PS I voted 'Mostly female but occasionally male pops in.'


----------



## suedew

I put female, cos I am. John is on the same account, but he hardly ever posts and not sure he looks unless i tell him about an interesting thread :roll: 
Sue


----------



## TR5

ChrisandJohn said:


> PS I voted 'Mostly female but occasionally male pops in.'


   :wink: :wink:


----------



## ChrisandJohn

TR5 said:


> ChrisandJohn said:
> 
> 
> 
> PS I voted 'Mostly female but occasionally male pops in.'
> 
> 
> 
> :wink: :wink:
Click to expand...

Well yes, that's true. 

Don't blame me, Hezbez chose the wording. :roll:

Chris


----------



## Glandwr

ChrisandJohn said:


> By the way, is Google definitely a mister :?:
> Chris
> 
> PS I voted 'Mostly female but occasionally male pops in.'


Anybody know why things mechanical are traditionally referred to in the feminine?

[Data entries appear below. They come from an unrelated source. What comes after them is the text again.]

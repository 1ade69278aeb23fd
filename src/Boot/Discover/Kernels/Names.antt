-- ===== src/Boot/Discover/Kernels/Names.antt =====
-- What the names of kernels and of their initrds say (boot/src/discover.rs).
use zboot.Base.{
  ℕ, ◌≡◌, ◌≢◌, refl, nat_eq, ◌↔◌, ◌<◌, ◌⊎◌, ap, ◌∙◌, Bool, true, false, ◌==◌, Option, none, some,
  [], ◌∷◌, ◌++◌, Str, str_eq, str_beq, str_beq_iff, any, ltb, is_empty, Bool-cases, Option-cases,
  inl, inr, arith, if◌then◌else◌,
}
use zboot.Text.{codes, starts_with, ends_with, strip_prefix}
use zboot.Text.Split.{strip_prefix-append, strip_prefix_sound}
use zboot.Core.Types.Atomic.{str_leb}
use zboot.Boot.Discover.Kernels.{
  is_kernel, key_leb, kernel_sort_key, kernel_leb, initrd_name, pair_initrd, is_default,
}

abbrev pub StartsWith : Str → Str → Type 0
StartsWith s p = (r : Str) × (s ≡ p ++ r)

abbrev pub EndsWith : Str → Str → Type 0
EndsWith s e = (a : Str) × (s ≡ a ++ e)

starts_with_iff : (s p : Str) → (starts_with s p ≡ true) ↔ StartsWith s p
unfolding starts_with
starts_with_iff s p = (
  λ h. at (strip_prefix p s) refl h,
  λ (r, e).
      ap (λ x. starts_with x p) e
      ∙ ap (λ (o : Option Str). elim o [ none ↦ false | some _ ↦ true ]) (strip_prefix-append p r),
)
  where
    at :
        (o : Option Str)
        → strip_prefix p s ≡ o
        → elim o [ none ↦ false | some _ ↦ true ] ≡ true
        → StartsWith s p
    at none e h = absurd (ground (arith, h))
    at (some r) e h = (r, strip_prefix_sound p s e)

nil_only : (e : Str) → is_empty e ≡ true → [] ≡ e
nil_only [] h = refl
nil_only (c ∷ e) h = absurd (ground (arith, h))

ends_with_sound : (s e : Str) → ends_with s e ≡ true → EndsWith s e
unfolding ends_with
ends_with_sound [] e h = ([], nil_only e h)
ends_with_sound (c ∷ s) e h = elim (Bool-cases ((c ∷ s) == e)) [
  | inl t ↦ ([], (str_beq_iff (c ∷ s) e).0 t)
  | inr f ↦ let (a, same) = ends_with_sound s e (rw f at h) in (c ∷ a, ap (λ x. c ∷ x) same)
]

ends_with-append : (a e : Str) → ends_with (a ++ e) e ≡ true
unfolding ends_with
ends_with-append [] [] = refl
ends_with-append [] (c ∷ e) = ground (arith, (str_beq_iff (c ∷ e) (c ∷ e)).1 refl)
ends_with-append (c ∷ a) e = ground (arith, ends_with-append a e)

not_ends_with : (s e : Str) → ends_with s e ≡ false → ¬ EndsWith s e
not_ends_with s e h (a, same) =
    absurd (ground (arith, h, ap (λ x. ends_with x e) same, ends_with-append a e))

ends_with-false : (s e : Str) → ¬ EndsWith s e → ends_with s e ≡ false
ends_with-false s e n = elim (Bool-cases (ends_with s e)) [
  | inl t ↦ absurd (n (ends_with_sound s e t))
  | inr f ↦ f
]

-- The name of a kernel, and no remains of a package manager.
pub record IsKernel (s : Str) : Type 0 where
  pub begins : StartsWith s (codes "vmlinuz")
  pub no_sig : ¬ EndsWith s (codes ".sig")
  pub no_bak : ¬ EndsWith s (codes ".bak")
  pub no_old : ¬ EndsWith s (codes ".dpkg-old")
  pub no_new : ¬ EndsWith s (codes ".dpkg-new")

pub is_kernel_iff : (s : Str) → (is_kernel s ≡ true) ↔ IsKernel s
unfolding is_kernel any
is_kernel_iff s = (
  λ h. record {
    begins = (starts_with_iff s (codes "vmlinuz")).0 (ground (arith, h));
    no_sig = not_ends_with s (codes ".sig") (ground (arith, h));
    no_bak = not_ends_with s (codes ".bak") (ground (arith, h));
    no_old = not_ends_with s (codes ".dpkg-old") (ground (arith, h));
    no_new = not_ends_with s (codes ".dpkg-new") (ground (arith, h));
  },
  λ k.
      rw
        (
          (starts_with_iff s (codes "vmlinuz")).1 k.begins,
          ends_with-false s (codes ".sig") k.no_sig,
          ends_with-false s (codes ".bak") k.no_bak,
          ends_with-false s (codes ".dpkg-old") k.no_old,
          ends_with-false s (codes ".dpkg-new") k.no_new,
        )
        refl,
)

-- The initrd that goes with a kernel, by the names.
pub data GoesWith (s c : Str) : Type 0 where
  current : s ≡ codes "vmlinuz" → c ≡ codes "initrd.img" → GoesWith s c
  previous : s ≡ codes "vmlinuz.old" → c ≡ codes "initrd.img.old" → GoesWith s c
  versioned : (v : Str) → s ≡ codes "vmlinuz-" ++ v → c ≡ codes "initrd.img-" ++ v → GoesWith s c

initrd_name_sound : (s c : Str) → initrd_name s ≡ some c → GoesWith s c
unfolding initrd_name
initrd_name_sound s c h = elim (Bool-cases (s == codes "vmlinuz")) [
  | inl t ↦ GoesWith.current ((str_beq_iff _ _).0 t) (ground (arith, rw t at h))
  | inr n ↦ elim (Bool-cases (s == codes "vmlinuz.old")) [
    | inl t ↦ GoesWith.previous ((str_beq_iff _ _).0 t) (ground (arith, rw (n, t) at h))
    | inr f ↦ elim (Option-cases (strip_prefix (codes "vmlinuz-") s)) [
      | inl e ↦ absurd (ground (arith, rw (n, f, e) at h))
      | inr (v, e) ↦
          GoesWith.versioned v (strip_prefix_sound (codes "vmlinuz-") s e)
            (ground (arith, rw (n, f, e) at h))
    ]
  ]
]

initrd_name_complete : (s c : Str) → GoesWith s c → initrd_name s ≡ some c
unfolding initrd_name str_beq
initrd_name_complete s c (GoesWith.current e f) = rw (e, f) refl
initrd_name_complete s c (GoesWith.previous e f) = rw (e, f) refl
initrd_name_complete s c (GoesWith.versioned v e f) = rw (e, f) refl

module _ (there : Str → Bool) where
  -- The initrd of an entry is one that goes with the kernel and is there; no such one is left out.
  abbrev pub Paired : Str → Option Str → Type 0
  Paired s (some c) = GoesWith s c × (there c ≡ true)
  Paired s none = (c : Str) → GoesWith s c → there c ≡ false

  pub pair_initrd-Paired : (s : Str) → Paired s (pair_initrd there s)
  unfolding pair_initrd
  pair_initrd-Paired s = at (initrd_name s) refl
    where
      at :
          (o : Option Str)
          → initrd_name s ≡ o
          → Paired s (elim o [
            | none ↦ none
            | some candidate ↦ if there candidate then some candidate else none
          ])
      at none e = λ c g. absurd (ground (arith, e, initrd_name_complete s c g))
      at (some c) e = elim (Bool-cases (there c)) [
        | inl t ↦ rw t (initrd_name_sound s c e, t)
        | inr f ↦ rw f (λ d g. ground (arith, f, e, initrd_name_complete s d g))
      ]

-- The name that the link `vmlinuz` has, or without a link the name `vmlinuz`.
abbrev pub Linked : Option Str → Str → Type 0
Linked (some target) s = s ≡ target
Linked none s = s ≡ codes "vmlinuz"

pub is_default_iff :
    (there : Str → Bool) (link : Option Str) (s : Str)
    → (is_default there link s ≡ true) ↔ Linked link s
is_default_iff there none s = str_beq_iff s (codes "vmlinuz")
is_default_iff there (some target) s = str_beq_iff s target

-- The group of a name and the version in it.
pub data Grouped (s : Str) : ℕ → Str → Type 0 where
  current : s ≡ codes "vmlinuz" → Grouped s 0 []
  previous : s ≡ codes "vmlinuz.old" → Grouped s 1 []
  versioned : (v : Str) → s ≡ codes "vmlinuz-" ++ v → Grouped s 2 v
  other_name :
      s ≢ codes "vmlinuz"
      → s ≢ codes "vmlinuz.old"
      → ¬ StartsWith s (codes "vmlinuz-")
      → Grouped s 3 s

-- The first name is in an earlier group, or in the same group with a version that is not smaller.
abbrev pub Before : Str → Str → Type 0
Before j k =
    (m n : ℕ) × (v w : Str) × Grouped j m v
    × Grouped k n w
    × ((m < n) ⊎ ((m ≡ n) × (str_leb w v ≡ true)))

no_prefix : (p s : Str) → strip_prefix p s ≡ none → ¬ StartsWith s p
no_prefix p s h (r, e) = absurd (ground (arith, h, ap (strip_prefix p) e, strip_prefix-append p r))

differs : (s t : Str) → (s == t) ≡ false → s ≢ t
differs s t n e = ground (arith, n, (str_beq_iff s t).1 e)

kernel_sort_key-Grouped : (s : Str) → Grouped s (kernel_sort_key s).0 (kernel_sort_key s).1
unfolding kernel_sort_key
kernel_sort_key-Grouped s = elim (Bool-cases (s == codes "vmlinuz")) [
  | inl t ↦ rw t (Grouped.current ((str_beq_iff _ _).0 t))
  | inr n ↦ elim (Bool-cases (s == codes "vmlinuz.old")) [
    | inl t ↦ rw (n, t) (Grouped.previous ((str_beq_iff _ _).0 t))
    | inr f ↦
        rw (n, f) (at (differs _ _ n) (differs _ _ f) (strip_prefix (codes "vmlinuz-") s) refl)
  ]
]
  where
    key : Option Str → ℕ × Str
    key (some suffix) = (2, suffix)
    key none = (3, s)

    at :
        s ≢ codes "vmlinuz"
        → s ≢ codes "vmlinuz.old"
        → (o : Option Str) → strip_prefix (codes "vmlinuz-") s ≡ o
        → Grouped s (key o).0 (key o).1
    at n f none e = Grouped.other_name n f (no_prefix (codes "vmlinuz-") s e)
    at n f (some v) e = Grouped.versioned v (strip_prefix_sound (codes "vmlinuz-") s e)

key_leb_sound :
    (a b : ℕ × Str) → key_leb a b ≡ true → (a.0 < b.0) ⊎ ((a.0 ≡ b.0) × (str_leb b.1 a.1 ≡ true))
key_leb_sound a b h = elim (Bool-cases (ltb a.0 b.0)) [
  | inl t ↦ inl (ground (arith, t))
  | inr n ↦ elim (Bool-cases (ltb b.0 a.0)) [
    | inl t ↦ absurd (ground (arith, rw (n, t) at h))
    | inr f ↦ inr (ground (arith, n, f), rw (n, f) at h)
  ]
]

pub kernel_leb-Before : (j k : Str) → kernel_leb j k ≡ true → Before j k
unfolding kernel_leb
kernel_leb-Before j k h = (
  (kernel_sort_key j).0,
  (kernel_sort_key k).0,
  (kernel_sort_key j).1,
  (kernel_sort_key k).1,
  kernel_sort_key-Grouped j,
  kernel_sort_key-Grouped k,
  key_leb_sound (kernel_sort_key j) (kernel_sort_key k) h,
)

Lovely when they behave as expected, but frustrating when they don't?

Dick


----------



## DTPCHEMICALS

Ocasionaly. :lol: 


Dave p


----------



## DABurleigh

"avoid being feminine, which, to me, has connotations of ..... deferring to men."

Chris,

Wow. Where does that come from then, Chris? Not in my dictionary.

Dave


----------



## Hobbyfan

This is an appalling post in that there is no voting option for transgender members.

I am therefore reporting this site to my local council's Director of Gender Inclusiveness and Transsexual Awareness.

He, she, or it is paid £95,000 p.a. so it's time they did something useful.


----------



## locovan

Glandwr said:


> ChrisandJohn said:
> 
> 
> 
> By the way, is Google definitely a mister :?:
> Chris
> 
> PS I voted 'Mostly female but occasionally male pops in.'
> 
> 
> 
> Anybody know why things mechanical are traditionally referred to in the feminine?
> 
> Lovely when they behave as expected, but frustrating when they don't?
> 
> Dick
Click to expand...

Because men drool over the lovely lines of boats and the sexy shape of car's and wish they owned them :lol: :lol: :lol:


----------



## bigbazza

What about Daphne


----------



## Hezbez

There is always the 'other' category if you're not sure :lol:


----------



## ChrisandJohn

DABurleigh said:


> "avoid being feminine, which, to me, has connotations of ..... deferring to men."
> 
> Chris,
> 
> Wow. Where does that come from then, Chris? Not in my dictionary.
> 
> Dave


I wasn't referring to dictionary definitions, but connotations.

I was born in 1945 which means I was learning 'how to be a woman' in the 1950s. I did a quick search and came up with this

http://aust.vox.com/library/post/a-1950s-magazine-article-on-a-wifes-place.html

magazine article from the period which, though OTT, does illustrate the kind of dangerous rubbish we were fed. A lot of it was more insidious than this example.

All this 'advice' went hand in hand with practical applications. For many years my legs froze in the winter months as women were not allowed to wear trousers to (office) work. As late as the mid 1960s I was asked to write my husband's or father's name and address on the back of the cheque when paying from my own account with money I'd earned.

I acknowledge that a lot has changed, thank goodness, but it had to be fought for, not only on the political front but in building more congruent identities and relationships.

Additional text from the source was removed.